Looking for some insight if this will
Work. I built a table for my dewalt planer and am using some pvc to drop down off of the high powered fan into agarbage can under the table. If I cut a hole for the pvc will I need to cut a hole for return air this way it doesn’t create much pressure in the plastic garbage can?


----------



## Danmendez29 (Jun 21, 2020)

Another picture of the table


----------



## Danmendez29 (Jun 21, 2020)

*Dewalt dx735*

Looking for some insight if this will Work. I built a table for my dewalt planer and am using some pvc to drop down off of the high powered fan into agarbage can under the table. If I cut a hole for the pvc will I need to cut a hole for return air this way it doesn’t create much pressure in the plastic garbage can? also posted in dust collection topic to see what everyone says.


----------



## difalkner (Nov 27, 2011)

Welcome to the forum, Dan! Add your location to your profile, please.

======================================================================
Here are some photo posting tips if you’re taking photos with your phone or iPad – the best way for proper orientation is to shoot landscape (widescreen). Rotate your phone or iPad CCW for proper orientation. If you want your photos to be portrait then open the photo in a viewer on your computer, rotate it to the orientation you want, then save it in that orientation. It will be correct when you upload it to the servers here. If you’re shooting video please shoot widescreen like our monitors, not portrait. 

The best way to post photos in line with your text is to use Go Advanced below the Quick Reply window. If you’re starting a new thread then you’re automatically in the Advanced editor. Click on the Paper Clip on the ribbon bar and that will bring up a dialogue box where you can browse to your photos. Upload them and then put your cursor where you want a photo, hit the dropdown beside the Paper Clip, and choose the photo you want inserted. If you have several photos and just want them at the end of your text then put your cursor at the end and hit the Insert All on the dropdown list of photos.

*Always post a photo rather than a link; most folks won't click on a link.* For instance, your thread has over 20 views but the links in your posts have only 3 views.

David


----------



## Rodango (Jun 22, 2020)

You should allow the pressure to escape. I would definitely run the return air through first a screen 
and then an air filter to clean the return air. I wouldn’t feed return air directly back into the machine.


----------



## Tool Agnostic (Aug 13, 2017)

I must confess, I do not like your arrangement at all. It will capture all of the big chips that fill up the trash can, while expelling the worst, most dangerous, fine dust particles directly into the shop where you breathe. Even if you wear a dust mask, it isn't good because of the sheer volume of dust that will be expelled.

A positive comment I can make about your configuration is that it is convenient. 

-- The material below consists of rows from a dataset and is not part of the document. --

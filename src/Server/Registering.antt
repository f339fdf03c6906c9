-- ===== src/Server/Registering.antt =====
-- What registering the services of a map does to a gRPC server.
use triple.Base.{
  pure, append-nil, append_assoc, ap, ◌∙◌, sym, if◌then◌else◌, All, nat_eq, inr, inl, Bool-cases,
  bind-returned, Option, length-set, ◌&&◌, get_elem?-set_ne, get_elem?-set_self, is_some, length,
  [], ◌≢◌, ◌==◌, arith, ◌∷◌, ◌++◌, set, returned, true, none, some, ◌>>=◌, ◌≡◌, List, get_elem?, ℕ,
  String, refl,
}
use triple.Server.Environment.{
  register_in, invoke_with_args, Registered, ServiceDesc, GrpcServer, Host, update_server,
}
use triple.Server.Registration.{
  register_services, register_desc, set_reflection, reflection_key, rename_desc, create_grpc_desc,
  Service, register_one,
}
use triple.Base.Dict.{Dict}

-- The entry that a service with the descriptor gets under its key, given the descriptors in memory.
abbrev entry : (ℕ → ServiceDesc) → String → Option ℕ → ℕ → Registered
entry desc_at key (some a) number = record {
  desc = record { service_name = key; handlers = (desc_at a).handlers };
  service = number;
}
entry desc_at key none number = record {
  desc = record { service_name = key; handlers = invoke_with_args number };
  service = number;
}

abbrev pub registered_as : (ℕ → ServiceDesc) → String → Service → Registered
registered_as desc_at key v = entry desc_at key v.grpc_desc v.number

abbrev pub all_registered : (ℕ → ServiceDesc) → Dict Service → List Registered
all_registered desc_at [] = []
all_registered desc_at ((key, v) ∷ m) = registered_as desc_at key v ∷ all_registered desc_at m

-- The handlers are all that an entry takes from the descriptors in memory.
registered_as-cong :
    (key : String) (v : Service) (f g : ℕ → ServiceDesc)
    → ((a : ℕ) → (f a).handlers ≡ (g a).handlers)
    → registered_as f key v ≡ registered_as g key v
registered_as-cong key v f g e = entry-cong v.grpc_desc
  where
    entry-cong : (d : Option ℕ) → entry f key d v.number ≡ entry g key d v.number
    entry-cong none = refl
    entry-cong (some a) = rw (e a) refl

pub all_registered-cong :
    (m : Dict Service) (f g : ℕ → ServiceDesc)
    → ((a : ℕ) → (f a).handlers ≡ (g a).handlers)
    → all_registered f m ≡ all_registered g m
all_registered-cong [] f g e = refl
all_registered-cong ((key, v) ∷ m) f g e =
    rw (registered_as-cong key v f g e, all_registered-cong m f g e) refl

-- The service implements one of the two interfaces, and the reflection service its own.
abbrev pub IsServable : String × Service → Type 0
IsServable (key, v) =
    ((v.grpc_desc ≡ none) → v.is_unary ≡ true)
    × ((key == reflection_key) ≡ true → (is_some v.grpc_desc && v.is_reflect) ≡ true)

module _ {Codec : Type 0} where
  -- Going from `h` to `h'`, the server `i`, which was `s`, has got the entries, and nothing that a
  -- client could see of anything else has changed.
  pub record Registers (h h' : Host Codec) (i : ℕ) (s : GrpcServer Codec) (rs : List Registered)
      : Type 0 where
    pub served : get_elem? h'.servers i ≡ some (record s { services = s.services ++ rs })
    pub others : (j : ℕ) → i ≢ j → get_elem? h'.servers j ≡ get_elem? h.servers j
    pub handlers_kept : (a : ℕ) → (h'.desc_at a).handlers ≡ (h.desc_at a).handlers
    pub listeners_kept : h'.listeners ≡ h.listeners
    pub count_kept : length h'.servers ≡ length h.servers

  pub update_server-found :
      (i : ℕ) (f : GrpcServer Codec → GrpcServer Codec) (h : Host Codec) (s : GrpcServer Codec)
      → get_elem? h.servers i ≡ some s
      → update_server i f h ≡ record h { servers = set h.servers i (f s) }
  unfolding update_server
  update_server-found i f h s e = ground (arith, e)

  -- An update that only adds an entry to the server.
  adds-Registers :
      (h : Host Codec) (i : ℕ) (s : GrpcServer Codec) (r : Registered) (descs : ℕ → ServiceDesc)
      (refl_servers : List (ℕ × ℕ))
      → get_elem? h.servers i ≡ some s
      → ((a : ℕ) → (descs a).handlers ≡ (h.desc_at a).handlers)
      → Registers h
          (record h {
            servers = set h.servers i (register_in r s);
            desc_at = descs;
            reflection_server = refl_servers;
          })
          i
          s
          (r ∷ [])
  adds-Registers h i s r descs refl_servers e k = record {
    served = get_elem?-set_self h.servers i s (register_in r s) e;
    others = λ j ne. get_elem?-set_ne h.servers i j (register_in r s) ne;
    handlers_kept = k;
    listeners_kept = refl;
    count_kept = length-set h.servers i (register_in r s);
  }

  kept_by_rename :
      (a b : ℕ) (h : Host Codec) (key : String)
      → ((rename_desc a key h).desc_at b).handlers ≡ (h.desc_at b).handlers
  unfolding rename_desc
  kept_by_rename a b h key = ground arith

  register_desc-Registers :
      (i : ℕ) (key : String) (v : Service) (d : Option ℕ) (h : Host Codec) (s : GrpcServer Codec)
      → (d ≡ none → v.is_unary ≡ true)
      → get_elem? h.servers i ≡ some s
      → ((register_desc i key v d h).1 ≡ returned tt)
        × Registers h (register_desc i key v d h).0 i s (entry h.desc_at key d v.number ∷ [])
  unfolding register_desc create_grpc_desc rename_desc ◌>>=◌
  register_desc-Registers i key v none h s unary e = rw (unary refl) (
    refl,
    rw (update_server-found i (register_in (entry h.desc_at key none v.number)) h s e) (
        adds-Registers h i s (entry h.desc_at key none v.number) h.desc_at h.reflection_server e
          λ a. refl),
  )
  register_desc-Registers i key v (some a) h s unary e =
      let same : nat_eq a a ≡ true = ground arith in
      let r = entry h.desc_at key (some a) v.number in
      rw (same) (
        refl,
        rw (update_server-found i (register_in r) (rename_desc a key h) s e) (
            adds-Registers h i s r (λ b. if nat_eq b a then r.desc else h.desc_at b)
              h.reflection_server e λ b. kept_by_rename a b h key),
      )

  set_reflection-keeps :
      (i : ℕ) (key : String) (v : Service) (h : Host Codec)
      → ((key == reflection_key) ≡ true → (is_some v.grpc_desc && v.is_reflect) ≡ true)
      → ((set_reflection i key v h).1 ≡ returned tt)
        × ((rs : List (ℕ × ℕ)) × ((set_reflection i key v h).0
              ≡ record h { reflection_server = rs }))
  unfolding set_reflection ◌>>=◌
  set_reflection-keeps i key v h ok = elim (Bool-cases (key == reflection_key)) [
    | inl e ↦ rw (e, ok e) (refl, (_, refl))
    | inr e ↦ rw e (refl, (_, refl))
  ]

  -- Who is told about a server plays no part.
  reflected :
      {h h' : Host Codec} {i : ℕ} {s : GrpcServer Codec} {rs : List Registered}
      (told : List (ℕ × ℕ))
      → Registers h h' i s rs
      → Registers h (record h' { reflection_server = told }) i s rs
  reflected told r = record {
    served = r.served;
    others = r.others;
    handlers_kept = r.handlers_kept;
    listeners_kept = r.listeners_kept;
    count_kept = r.count_kept;
  }

  -- One service under its key, also where its descriptor is shared with another key.
  pub register_one-Registers :
      (i : ℕ) (key : String) (v : Service) (h : Host Codec) (s : GrpcServer Codec)
      → IsServable (key, v)
      → get_elem? h.servers i ≡ some s
      → ((register_one i key v h).1 ≡ returned tt)
        × Registers h (register_one i key v h).0 i s (registered_as h.desc_at key v ∷ [])
  unfolding register_one
  register_one-Registers i key v h s servable e =
      let d = register_desc-Registers i key v v.grpc_desc h s servable.0 e in
      let h1 = (register_desc i key v v.grpc_desc h).0 in
      let r = set_reflection-keeps i key v h1 servable.1 in
      rw (bind-returned (register_desc i key v v.grpc_desc) (λ _. set_reflection i key v) h tt d.0)
        (r.0, rw (r.1.1) (reflected r.1.0 d.1))

  pub Registers-trans :
      {h h' h'' : Host Codec} {i : ℕ} {s : GrpcServer Codec} {rs rs' : List Registered}
      → Registers h h' i s rs
      → Registers h' h'' i (record s { services = s.services ++ rs }) rs'
      → Registers h h'' i s (rs ++ rs')
  Registers-trans {s} {rs} {rs'} p q = record {
    served = q.served ∙ ap (λ r. some (record s { services = r })) (append_assoc s.services rs rs');
    others = λ j ne. q.others j ne ∙ p.others j ne;
    handlers_kept = λ a. q.handlers_kept a ∙ p.handlers_kept a;
    listeners_kept = q.listeners_kept ∙ p.listeners_kept;
    count_kept = q.count_kept ∙ p.count_kept;
  }

  pub Registers-none :
      (h : Host Codec) (i : ℕ) (s : GrpcServer Codec)
      → get_elem? h.servers i ≡ some s
      → Registers h h i s []
  Registers-none h i s e = record {
    served = e ∙ ap (λ r. some (record s { services = r })) (sym (append-nil s.services));
    others = λ j ne. refl;
    handlers_kept = λ a. refl;
    listeners_kept = refl;
    count_kept = refl;
  }

  -- If every service of the map implements what its key needs, then registering the map on a server
  -- that exists returns. The server has then, behind its earlier services, one entry for each key of
  -- the map, in order, with the key as its name and the handlers of the key's own service, also where
  -- several keys share one descriptor; other servers and the listeners are unchanged.
  pub register_services_lem :
      (i : ℕ) (m : Dict Service) (h : Host Codec) (s : GrpcServer Codec)
      → All IsServable m
      → get_elem? h.servers i ≡ some s
      → ((register_services i m h).1 ≡ returned tt)
        × Registers h (register_services i m h).0 i s (all_registered h.desc_at m)
  unfolding register_services pure
  register_services_lem i [] h s ok e = (refl, Registers-none h i s e)
  register_services_lem i ((key, v) ∷ m) h s ok e =
      let one = register_one-Registers i key v h s ok.0 e in
      let h1 = (register_one i key v h).0 in
      let s1 = record s { services = s.services ++ registered_as h.desc_at key v ∷ [] } in
      let rest = register_services_lem i m h1 s1 ok.1 one.1.served in
      rw (bind-returned (register_one i key v) (λ _. register_services i m) h tt one.0) (
        rest.0,
        rw (sym (all_registered-cong m h1.desc_at h.desc_at one.1.handlers_kept))
            (Registers-trans one.1 rest.1),
      )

I don't see how you can keep the lid on the trash can. It will pop up from the air pressure and release a lot of fine sawdust. You must have an outlet of some kind on the trash can. The filtering suggested by @Rodango might work, but be prepared to replace the filters almost constantly. If you don't, the hose from the DW735 may clog with dust and chips, causing problems for the DW735. 

For your situation, you should attach the DW735 to a real dust collector. 

Lacking a real dust collector, you must direct the outlet air of your design outside the shop space - perhaps a hose leading from the trash can around the outside corner of the garage where the fine dust is not likely to blow in. I would add casters and work with the planer outside on non-rainy days. On rainy days, I would put the planer in the corner next to the open garage door, and route the trash can's outlet hose around the corner where you won't breathe the stuff. 

My DW735 is on a cabinet with casters. I wheel it outside to use. I connect it to a "cyclone" dust separator which is on a rolling cart with an old shop vac. DeWalt does _not_ recommended a shop vac because it can't keep up with the planer. My shop vac somehow keeps up with the DW735 output, just barely, even with 13 inch wide boards. I keep cuts light, but that's good for the planer anyway. It takes more time and more passes, but I don't have issues with chip/dust collection that way.

The separator and shop vac collect and filter the dust, but I still run them outside. Even though the shop vac has a filter inside, I attach a long hose to the shop vac's outlet so the end is far away from me. 

If the shop vac filter gets clogged with dust, the pressure from the DW735 can pop the lid open on the cyclone dust separator, so I pay attention to empty the separator and clean or replace the shop vac filter often. The cyclone lid-pop happened a couple times, but once I learned to pay attention, it doesn't happen.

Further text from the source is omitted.